[WORK INSTRUCTIONS]:
Please return every line from the entries that has the string "after" in it.

[EXTRACTED INFORMATION]:
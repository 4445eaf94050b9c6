-- ===== src/Things/Shelly/Rotation.antt =====
-- Each call sets one switch, and the calls go round.
use Prim.Native.String.{String}
use native.Mathlib.Nat.{mod-lt, mod-eq_of_lt, mod-add-mod, add-mod_right}
use iotic.Prelude.{
  ℕ, zero, suc, ◌+◌, ◌-◌, ◌%◌, ◌≤◌, ◌<◌, ◌≡◌, refl, ap, ◌∙◌, subst, Bool, Option, none, some, List,
  [], ◌∷◌, length, get_elem?, arith, inl, inr, Bool-cases, ltb,
}
use iotic.Database.Delta.{◌>>=◌}
use iotic.Things.Shelly.{ShellyGen2Thing, switch_path, on_set_properties}

-- Calls with the same states, one after the other: the paths that are set.
unfoldable pub set_times : ℕ → List Bool → ShellyGen2Thing → Option (List String × ShellyGen2Thing)
set_times zero states thing = some ([], thing)
set_times (suc n) states thing =
    on_set_properties states thing >>= λ a. set_times n states a.1 >>= λ b. some (a.0 ∷ b.0, b.1)

get_elem?_total :
    {A : Type 0} (xs : List A) (i : ℕ) → i < length xs → (x : A) × (get_elem? xs i ≡ some x)
get_elem?_total [] i h = absurd (omega (arith, h))
get_elem?_total (x ∷ xs) zero h = (x, refl)
get_elem?_total (x ∷ xs) (suc i) h = get_elem?_total xs i (omega (arith, h))

get_elem?_outside : {A : Type 0} (xs : List A) (i : ℕ) → length xs ≤ i → get_elem? xs i ≡ none
get_elem?_outside [] i h = refl
get_elem?_outside (x ∷ xs) zero h = absurd (omega (arith, h))
get_elem?_outside (x ∷ xs) (suc i) h = get_elem?_outside xs i (omega (arith, h))

stays : (phase size : ℕ) → phase < size → (phase + 0) % size ≡ phase
stays phase size h = ap (λ x. x % size) (omega arith) ∙ mod-eq_of_lt h

goes_on : (phase n size : ℕ) → ((phase + 1) % size + n) % size ≡ (phase + suc n) % size
goes_on phase n size = mod-add-mod (phase + 1) size n ∙ ap (λ x. x % size) (omega arith)

-- The call that reaches a switch.
turn :
    (phase size j : ℕ) → phase < size → j < size → (i : ℕ) × (i < size) × ((phase + i) % size ≡ j)
turn phase size j h k = elim (Bool-cases (ltb j phase)) [
  | inl before ↦
      let less : j < phase = ground (arith, before) in
      (
        j + size - phase,
        omega arith,
        ap (λ x. x % size) (omega arith) ∙ add-mod_right j size ∙ mod-eq_of_lt k,
      )
  | inr after ↦
      let least : phase ≤ j = ground (arith, after) in
      (j - phase, omega arith, ap (λ x. x % size) (omega arith) ∙ mod-eq_of_lt k)
]

-- The paths of `n` calls set the switches from the phase on, modulo their number.
abbrev IsRotation : List Bool → ℕ → ℕ → List String → Type 0
IsRotation states phase n paths =
    (i : ℕ)
    → i < n
    → (state : Bool) × (get_elem? states ((phase + i) % length states) ≡ some state)
      × (get_elem? paths i ≡ some (switch_path ((phase + i) % length states) state))

IsRotation-cons :
    (states : List Bool) (phase n : ℕ) (state : Bool) (paths : List String)
    → phase < length states
    → get_elem? states phase ≡ some state
    → IsRotation states ((phase + 1) % length states) n paths
    → IsRotation states phase (suc n) (switch_path phase state ∷ paths)
IsRotation-cons states phase n state paths h e g zero k =
    let here = stays phase (length states) h in (state, rw here e, rw here refl)
IsRotation-cons states phase n state paths h e g (suc j) k =
    let (found, x, y) = g j (omega (arith, k)) in
    let on = goes_on phase j (length states) in
    (
      found,
      subst (λ z. get_elem? states z ≡ some found) on x,
      subst (λ z. get_elem? paths j ≡ some (switch_path z found)) on y,
    )

set_times-IsRotation :
    (n : ℕ) (states : List Bool) (thing : ShellyGen2Thing)
    → thing.phase_to_set < length states
    → (paths : List String) × (set_times n states thing
        ≡ some (paths, record thing { phase_to_set = (thing.phase_to_set + n) % length states }))
      × IsRotation states thing.phase_to_set n paths
unfolding set_times on_set_properties
set_times-IsRotation zero states thing h =
    let here = stays thing.phase_to_set (length states) h in
    ([], rw here refl, λ i k. absurd (omega (arith, k)))
set_times-IsRotation (suc n) states thing h =
    let phase = thing.phase_to_set in
    let size = length states in
    let (state, e) = get_elem?_total states phase h in
    let after : ShellyGen2Thing = record thing { phase_to_set = (phase + 1) % size } in
    let (paths, f, g) = set_times-IsRotation n states after (mod-lt (phase + 1) (omega arith)) in
    (
      switch_path phase state ∷ paths,
      rw (e, f)
          (ap (λ x. some (switch_path phase state ∷ paths, record thing { phase_to_set = x }))
            (goes_on phase n size)),
      IsRotation-cons states phase n state paths h e g,
    )

-- From a phase of the states, as many calls as there are states lead back to the same phase, and one
-- of them sets the switch `j`, each one that there is, to its state.
pub set_times_all :
    (states : List Bool) (thing : ShellyGen2Thing) (j : ℕ)
    → thing.phase_to_set < length states
    → j < length states
    → (paths : List String) × (i : ℕ) × (state : Bool) × (set_times (length states) states thing
        ≡ some (paths, thing))
      × (i < length states)
      × (get_elem? states j ≡ some state)
      × (get_elem? paths i ≡ some (switch_path j state))
set_times_all states thing j h k =
    let phase = thing.phase_to_set in
    let size = length states in
    let (paths, e, g) = set_times-IsRotation size states thing h in
    let back : (phase + size) % size ≡ phase = add-mod_right phase size ∙ mod-eq_of_lt h in
    let (i, l, q) = turn phase size j h k in
    let (state, x, y) = g i l in
    (
      paths,
      i,
      state,
      e ∙ ap (λ z. some (paths, record thing { phase_to_set = z })) back,
      l,
      subst (λ z. get_elem? states z ≡ some state) q x,
      subst (λ z. get_elem? paths i ≡ some (switch_path z state)) q y,
    )

-- With fewer states than the phase counts, the call reads outside of them.
pub on_set_properties_shrunk :
    (states : List Bool) (thing : ShellyGen2Thing)
    → length states ≤ thing.phase_to_set
    → on_set_properties states thing ≡ none
unfolding on_set_properties
on_set_properties_shrunk states thing h = rw (get_elem?_outside states thing.phase_to_set h) refl
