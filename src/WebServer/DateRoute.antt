-- ===== src/WebServer/DateRoute.antt =====
-- src/webserver/WebServer.cpp: the route of a day's archived samples. A text of the request is the list
-- of its bytes where it is parsed; whether a name is that of a property is the enum library's answer.
pub mod Requests
use Prim.Native.String.{String}
use iotic.Prelude.{
  ℕ, ◌+◌, ◌-◌, ◌*◌, ℤ, pos, sub_ℕ, Bool, true, false, ◌&&◌, not, Option, none, some, List, [], ◌∷◌,
  ltb, leb, ◌==◌, if◌then◌else◌,
}
use iotic.Common.Date.{YearMonthDay, is_digit, parse_ymd, ok, sys_days}
use iotic.Database.Delta.{◌>>=◌}
use iotic.Database.Cbor.{Item}
use iotic.Database.Environment.{Environment}
use iotic.Database.Store.{Store, Outcome}
use iotic.Database.Archive.{archived_data}

pub data DayReply : Type 0 where
  invalid_key : String → DayReply
  invalid_date : List ℕ → DayReply
  cbor : List ℕ → DayReply

-- The digits at the front of a text, on top of the value before them.
unfoldable pub take_digits : ℕ → List ℕ → ℕ
take_digits value [] = value
take_digits value (c ∷ cs) =
    let rest = take_digits (value * 10 + (c - 48)) cs in if is_digit c then rest else value

abbrev pub starts_digit : List ℕ → Bool
starts_digit [] = false
starts_digit (c ∷ cs) = is_digit c

-- `std::from_chars` into an `int`, which keeps its value when no number stands in front, or none that
-- fits.
unfoldable pub from_chars : ℤ → List ℕ → ℤ
from_chars value [] = value
from_chars value (c ∷ cs) =
    if c == 45 && starts_digit cs
    then (if leb (take_digits 0 cs) 2147483648 then sub_ℕ 0 (take_digits 0 cs) else value)
    else if is_digit c && ltb (take_digits 0 (c ∷ cs)) 2147483648
    then pos (take_digits 0 (c ∷ cs))
    else value

module _ {Env : Type 0} ⦃M : Environment Env⦄ where
  abbrev answer : List ℕ × Outcome Env → DayReply × Outcome Env
  answer (bytes, o) = (DayReply.cbor bytes, o)

  -- What is sent, and what it leaves of the database; `none` is a fault.
  unfoldable pub get_day :
      (List Item → List ℕ)
      → ℤ
      → (String → Bool)
      → String
      → String
      → List ℕ
      → List ℕ
      → Store Env
      → Option (DayReply × Outcome Env)
  get_day bytes_of today is_property thing property date min s =
      let ymd = parse_ymd date in
      if not (is_property property)
      then some (DayReply.invalid_key property, Outcome.returned s)
      else if not (ok ymd)
      then some (DayReply.invalid_date date, Outcome.returned s)
      else (do
        a ← archived_data bytes_of today thing property (sys_days ymd) (from_chars (pos 5) min) s
        some (answer a))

[ANSWER TO THIS EXERCISE]:
-- Calls with the same states, one after the other: the paths that are set.
  | inr after ↦
      let least : phase ≤ j = ground (arith, after) in
    let after : ShellyGen2Thing = record thing { phase_to_set = (phase + 1) % size } in
    let (paths, f, g) = set_times-IsRotation n states after (mod-lt (phase + 1) (omega arith)) in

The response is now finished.